Hi Dan -- it's me again... 
So -- this is an easy one. I've posted about this before and provided charts and examples. but no one really gets it because everyone believes more historical data is better, right? Wrong...
A strategy combines one or more indicators. An indicator is a simple algebraic formula -- e.g. y = 2x + 3. The "2" is analogous to an indicator setting. And how did the "2" get into this formula? Because it fit the data better than any other constant.
When you optimize a strategy, it simply computes the best constants for the algebraic formulas. If you use different data then you get different constants.
Look at your result. The algebraic formula gives a nice result for the portion of data used to compute its settings, and a crappy result for unrelated data.
Since you trade in the present, then it doesn't make sense to use old data to compute these constants. All it does is skew the computation in favor of old data.

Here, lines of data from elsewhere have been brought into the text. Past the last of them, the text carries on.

-- ===== src/Router/Monitor.antt =====
-- The monitor of the router and its queries (src/audio_router.c): monitor_thread_func, the start and
-- the stop of its thread, audio_router_is_running and audio_router_get_physical_device_uid.
use audioctl.Base.{
  ℕ, ◌+◌, ◌-◌, ◌/◌, ◌%◌, ◌^◌, ◌<◌, ◌≡◌, refl, ap, ◌∙◌, Bool, true, false, not, ◌||◌, Option, none,
  some, List, [], ◌∷◌, All, ltb, add32, sub32, if◌then◌else◌, arith, ◌*◌, Bool-cases, inl, inr,
}
use audioctl.Base.Bytes.{Bytes}
use audioctl.Router.Context.{RouterContext, calculate_latency_ms}

-- `uint64_t` addition and subtraction wrap.
abbrev pub add64 : ℕ → ℕ → ℕ
add64 a b = (a + b) % 2 ^ 64

abbrev pub sub64 : ℕ → ℕ → ℕ
sub64 a b = (a + 2 ^ 64 - b) % 2 ^ 64

-- `gettimeofday` in microseconds.
unfoldable pub get_time_us : ℕ → ℕ → ℕ
get_time_us seconds microseconds = add64 (seconds * 1000000 % 2 ^ 64) microseconds

-- A turn of the loop: whether both flags are set at its test, and the router and the time after the
-- five seconds of sleep.
pub record Round : Type 0 where
  pub goes_on : Bool
  pub router : RouterContext
  pub now_us : ℕ

-- What a turn puts into the log.
pub record MonitorReport : Type 0 where
  pub elapsed_sec : ℕ
  pub latency_ms : ℕ
  pub usage : ℕ
  pub peak : ℕ
  pub frames : ℕ
  pub underruns : ℕ
  pub overruns : ℕ
  pub healthy : Bool

-- The counts of the turn before.
pub record Last : Type 0 where
  pub underruns : ℕ
  pub overruns : ℕ
  pub frames : ℕ

abbrev pub counts_of : RouterContext → Last
counts_of r = record {
  underruns = r.underrun_count;
  overruns = r.overrun_count;
  frames = r.frames_transferred;
}

unfoldable pub report_round : Last → Round → MonitorReport
report_round last round =
    let r = round.router in
    let underruns = sub32 r.underrun_count last.underruns in
    let overruns = sub32 r.overrun_count last.overruns in
    record {
      elapsed_sec = sub64 round.now_us r.start_time / 1000000 % 2 ^ 32;
      latency_ms = calculate_latency_ms (r.ring_buffer.samples_buffered / r.channels) r.sample_rate;
      usage = r.ring_buffer.current_usage;
      peak = r.ring_buffer.peak_usage;
      frames = sub64 r.frames_transferred last.frames;
      underruns = underruns;
      overruns = overruns;
      healthy = not (ltb 0 underruns || ltb 0 overruns);
    }

unfoldable pub monitor_loop : List Round → Last → List MonitorReport
monitor_loop [] last = []
monitor_loop (round ∷ rounds) last =
    let rest = monitor_loop rounds (counts_of round.router) in
    if round.goes_on then report_round last round ∷ rest else []

unfoldable pub monitor_thread_func : List Round → List MonitorReport
monitor_thread_func rounds =
    monitor_loop rounds (record { underruns = 0; overruns = 0; frames = 0 })

-- The flag `g_monitor_running` and the thread, `none` for 0.
pub record Monitor : Type 0 where
  pub running : Bool
  pub thread : Option ℕ

-- With the thread that `pthread_create` makes; a failure leaves the old handle.
unfoldable pub start_monitor_thread : Monitor → Option ℕ → Monitor
start_monitor_thread m none = record m { running = false }
start_monitor_thread m (some thread) = record { running = true; thread = some thread }

-- The thread that is joined.
unfoldable pub stop_monitor_thread : Monitor → Monitor × Option ℕ
stop_monitor_thread m = (record { running = false; thread = none }, m.thread)

unfoldable pub audio_router_is_running : RouterContext → Bool
audio_router_is_running r = r.is_running

-- `uid_of` is the UID of a device, `none` if the call fails or gives none.
unfoldable pub audio_router_get_physical_device_uid :
    (ℕ → Option Bytes) → RouterContext → Option Bytes
audio_router_get_physical_device_uid uid_of r = elim (r.output_device) [
  | none ↦ none
  | some device ↦ if r.is_running then uid_of device else none
]

-- The counts of the router when the loop ends.
unfoldable pub last_counts : List Round → Last → Last
last_counts [] last = last
last_counts (round ∷ rounds) last =
    let rest = last_counts rounds (counts_of round.router) in if round.goes_on then rest else last

unfoldable pub sum_underruns : List MonitorReport → ℕ → ℕ
sum_underruns [] start = start
sum_underruns (r ∷ rs) start = sum_underruns rs (add32 start r.underruns)

unfoldable pub sum_overruns : List MonitorReport → ℕ → ℕ
sum_overruns [] start = start
sum_overruns (r ∷ rs) start = sum_overruns rs (add32 start r.overruns)

unfoldable pub sum_frames : List MonitorReport → ℕ → ℕ
sum_frames [] start = start
sum_frames (r ∷ rs) start = sum_frames rs (add64 start r.frames)

-- The counters are words.
abbrev pub IsCounted : Round → Type 0
IsCounted round =
    (round.router.underrun_count < 2 ^ 32)
    × (round.router.overrun_count < 2 ^ 32)
    × (round.router.frames_transferred < 2 ^ 64)

loop_adds_up :
    (rounds : List Round) (last : Last)
    → All IsCounted rounds
    → last.underruns < 2 ^ 32
    → last.overruns < 2 ^ 32
    → last.frames < 2 ^ 64
    → let reports = monitor_loop rounds last in
      (sum_underruns reports last.underruns ≡ (last_counts rounds last).underruns)
      × (sum_overruns reports last.overruns ≡ (last_counts rounds last).overruns)
      × (sum_frames reports last.frames ≡ (last_counts rounds last).frames)
unfolding monitor_loop report_round last_counts sum_underruns sum_overruns sum_frames
loop_adds_up [] last words a b c = (refl, refl, refl)
loop_adds_up (round ∷ rounds) last words a b c =
    let (x, y, z) =
      loop_adds_up rounds (counts_of round.router) words.1 words.0.0 words.0.1 words.0.2 in
    let rest = monitor_loop rounds (counts_of round.router) in
    let u : add32 last.underruns (sub32 round.router.underrun_count last.underruns)
        ≡ round.router.underrun_count =
      omega (arith, words.0.0) in
    let o : add32 last.overruns (sub32 round.router.overrun_count last.overruns)
        ≡ round.router.overrun_count =
      omega (arith, words.0.1) in
    let f : add64 last.frames (sub64 round.router.frames_transferred last.frames)
        ≡ round.router.frames_transferred =
      omega (arith, words.0.2) in
    elim (Bool-cases round.goes_on) [
      | inl on ↦
          rw on (
            ap (sum_underruns rest) u ∙ x,
            ap (sum_overruns rest) o ∙ y,
            ap (sum_frames rest) f ∙ z,
          )
      | inr off ↦ rw off (refl, refl, refl)
    ]

-- The increments that the monitor reports add up: from the start of the thread on their sums, in the
-- width of the counters, are the counters of the router in the last turn, however often these have
-- wrapped, for any words in the counters.
pub monitor_adds_up :
    (rounds : List Round)
    → All IsCounted rounds
    → let reports = monitor_thread_func rounds in
      let last = last_counts rounds (record { underruns = 0; overruns = 0; frames = 0 }) in
      (sum_underruns reports 0 ≡ last.underruns)
      × (sum_overruns reports 0 ≡ last.overruns)
      × (sum_frames reports 0 ≡ last.frames)
unfolding monitor_thread_func
monitor_adds_up rounds words =
    loop_adds_up rounds (record { underruns = 0; overruns = 0; frames = 0 }) words (omega arith)
      (omega arith) (omega arith)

When you optimize a strategy you'll find you get better results (when trading) if you train strategies using recent data -- i.e. just enough data that results in about 100 - 200 trades. If you use more than that, then you are simply shooting yourself in the foot.

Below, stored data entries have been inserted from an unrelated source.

-- ===== src/Cli/Background.antt =====
-- The two background processes of the program (src/main.c, main): the router of internal-route, and
-- the server of internal-ipc-service. A process that does not end on the given turns is `none`.
use audioctl.Base.{
  ℕ, ◌≡◌, ◌≢◌, ◌⊎◌, refl, ap, ◌∙◌, true, false, Option, none, some, List, [], ◌∷◌, ◌++◌,
  if◌then◌else◌, arith, inl, inr, All, Bool-cases,
}
use audioctl.Base.Float.{Float32}
use audioctl.Base.Status.{no_err, is_no_err}
use audioctl.Router.Context.{RouterContext, AudioBuffer}
use audioctl.Router.Callbacks.{input_callback, output_callback}
use audioctl.Router.Lifecycle.{Answers, Call, audio_router_start, audio_router_stop}
use audioctl.Router.Lifecycle.Resources.{
  IsIdle, nothing, everything, after_calls, start_all_or_nothing,
}
use audioctl.Ipc.Server.{Server, Turn, ipc_server_run, ipc_server_cleanup}
use audioctl.Ipc.Server.Reply.{Effect}
use audioctl.Ipc.Server.Startup.{Startup, ipc_server_init}
use audioctl.Ipc.Server.Descriptors.{
  left_open, left_open-append, run_keeps, cleanup_clears, init-IsKnown, cleaned, IsTurnRemembered,
}
use audioctl.Router.Monitor.{audio_router_is_running}

-- A callback of the framework, with the buffers that it gets.
pub data IoCall : Type 0 where
  input output : List AudioBuffer → IoCall

module _ (fmul : Float32 → Float32 → Float32) where
  pub io_call : RouterContext → IoCall → RouterContext
  io_call ctx (input buffers) = input_callback ctx buffers
  io_call ctx (output buffers) = (output_callback fmul ctx buffers).0

  pub io_calls : RouterContext → List IoCall → RouterContext
  io_calls ctx [] = ctx
  io_calls ctx (c ∷ cs) = io_calls (io_call ctx c) cs

  -- The loop that waits: in each turn a second of callbacks.
  unfoldable pub wait_router : RouterContext → List (List IoCall) → Option RouterContext
  wait_router ctx [] = if audio_router_is_running ctx then none else some ctx
  wait_router ctx (calls ∷ turns) =
      let rest = wait_router (io_calls ctx calls) turns in
      if audio_router_is_running ctx then rest else some ctx

  -- The exit status, the state and the calls of the framework.
  unfoldable pub internal_route :
      Answers → RouterContext → List (List IoCall) → Option (ℕ × RouterContext × List Call)
  internal_route a ctx turns =
      let (status, ctx', calls) = audio_router_start a ctx in
      if is_no_err status
      then elim (wait_router ctx' turns) [
        | none ↦ none
        | some ctx'' ↦
            let (ctx''', rest) = audio_router_stop ctx'' in some (0, ctx''', calls ++ rest)
      ]
      else some (1, ctx', calls)

  io_call_runs : (ctx : RouterContext) (c : IoCall) → (io_call ctx c).is_running ≡ ctx.is_running
  unfolding io_call input_callback output_callback
  io_call_runs ctx (input []) = refl
  io_call_runs ctx (input (b ∷ bs)) = ground arith
  io_call_runs ctx (output []) = refl
  io_call_runs ctx (output (b ∷ bs)) = ground arith

  io_calls_run :
      (ctx : RouterContext) (cs : List IoCall) → (io_calls ctx cs).is_running ≡ ctx.is_running
  unfolding io_calls
  io_calls_run ctx [] = refl
  io_calls_run ctx (c ∷ cs) = io_calls_run (io_call ctx c) cs ∙ io_call_runs ctx c

  waits :
      (ctx : RouterContext) (turns : List (List IoCall))
      → ctx.is_running ≡ true
      → wait_router ctx turns ≡ none
  unfolding wait_router audio_router_is_running
  waits ctx [] h = ap (λ b. if b then none else some ctx) h
  waits ctx (calls ∷ turns) h =
      ap (λ b. if b then wait_router (io_calls ctx calls) turns else some ctx) h
      ∙ waits (io_calls ctx calls) turns (io_calls_run ctx calls ∙ h)

  -- The background router never ends by itself with status 0: from an idle state, either its start
  -- fails, and it ends with status 1, the route idle and nothing of the framework held, or its start
  -- succeeds, and then, whatever callbacks come and however long, it still waits, so that
  -- audio_router_stop is never reached, with both IO procs and both devices held.
  pub internal_route_lem :
      (a : Answers) (ctx : RouterContext) (turns : List (List IoCall))
      → IsIdle ctx
      → let (status, ctx', calls) = audio_router_start a ctx in
        ((status ≡ no_err)
          × (internal_route a ctx turns ≡ none)
          × (after_calls calls nothing ≡ everything))
        ⊎ ((status ≢ no_err)
            × (internal_route a ctx turns ≡ some (1, ctx', calls))
            × IsIdle ctx'
            × (after_calls calls nothing ≡ nothing))
  unfolding internal_route
  internal_route_lem a ctx turns idle = elim (start_all_or_nothing a ctx idle) [
    | inl (ok, on, held) ↦ inl (ok, rw (ok, waits (audio_router_start a ctx).1 turns on) refl, held)
    | inr (failed, off, clear) ↦ inr (failed, ground (arith, failed), off, clear)
  ]

-- The command internal-ipc-service: the exit status, the server and its effects.
unfoldable pub internal_ipc_service : Startup → List Turn → ℕ × Server × List Effect
internal_ipc_service a turns =
    let (done, ctx, started) = ipc_server_init a in
    let s : Server = record { ctx = ctx; connections = [] } in
    let (s', worked) = ipc_server_run s turns in
    let (s'', ended) = ipc_server_cleanup s' in
    if done then (0, s'', started ++ (worked ++ ended)) else (1, s, started)

-- The service ends with status 0 exactly if it could be started, and at its end, whatever the
-- clients, the kernel and the signals did, no descriptor that it watched is open and no connection
-- is left: if there was memory for every connection that came. Without it the code forgets an
-- accepted socket.
pub internal_ipc_service_lem :
    (a : Startup) (turns : List Turn) (fd : ℕ)
    → All IsTurnRemembered turns
    → let (status, s, effects) = internal_ipc_service a turns in
      (status ≡ (if (ipc_server_init a).0 then 0 else 1))
      × (left_open effects fd false ≡ false)
      × (s.connections ≡ [])
unfolding internal_ipc_service
internal_ipc_service_lem a turns fd r =
    let (done, ctx, started) = ipc_server_init a in
    let s : Server = record { ctx = ctx; connections = [] } in
    let (s', worked) = ipc_server_run s turns in
    let (known, failed_clear) = init-IsKnown a fd in
    let held = left_open started fd false in
    let all_closed : left_open (started ++ (worked ++ (ipc_server_cleanup s').1)) fd false ≡ false =
      left_open-append started (worked ++ (ipc_server_cleanup s').1) fd false
      ∙ left_open-append worked (ipc_server_cleanup s').1 fd held
      ∙ cleanup_clears s' fd _ (run_keeps s turns fd held r known) in
    elim (Bool-cases (ipc_server_init a).0) [
      | inl ok ↦ rw ok (refl, all_closed, (cleaned s').0)
      | inr failed ↦ rw failed (refl, ground (arith, failed, failed_clear), refl)
    ]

Sorry -- this is not a case of "more is better". This is not artificial intelligence -- i.e. the strategy's algebraic formula is not a database that "learns" by providing more input data. But good luck trying to convince anyone -- even when the evidence is staring them in the face.

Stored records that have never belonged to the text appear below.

-- ===== src/Router/Samples.antt =====
-- Test data for the router: a route that has not been started, and answers with which it can be.
use audioctl.Base.{true, false, none, some}
use audioctl.Base.Status.{no_err}
use audioctl.Router.Ring.{RingBuffer}
use audioctl.Router.Context.{RouterContext}
use audioctl.Router.Lifecycle.{Answers}

abbrev pub blank : RingBuffer
blank = record {
  buffer = none;
  capacity = 0;
  write_pos = 0;
  read_pos = 0;
  peak_usage = 0;
  current_usage = 0;
  samples_buffered = 0;
}

abbrev pub stopped : RouterContext
stopped = record {
  input_device = none;
  output_device = none;
  ring_buffer = blank;
  is_running = false;
  sample_rate = 0;
  channels = 0;
  bits_per_channel = 0;
  frames_transferred = 0;
  underrun_count = 0;
  overrun_count = 0;
  start_time = 0;
  output_gain = 0;
}

abbrev pub answers : Answers
answers = record {
  virtual_device = some 7;
  physical_device = some 9;
  virtual_rate = some 48000;
  physical_rate = none;
  allocated = true;
  now_us = 1000;
  create_input = no_err;
  create_output = no_err;
  start_input = no_err;
  start_output = no_err;
}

Related to this -- most people believe that after a while their strategies "go bad". I'm serious -- they actually believe an algebraic formula stops working. Of course, that doesn't make sense. What happens is the market data changes and the settings that were previously computed no longer match well with the current data. When this happens you do not need to generate new strategies -- rather, "refresh" your current strategies by re-optimizing using recent data.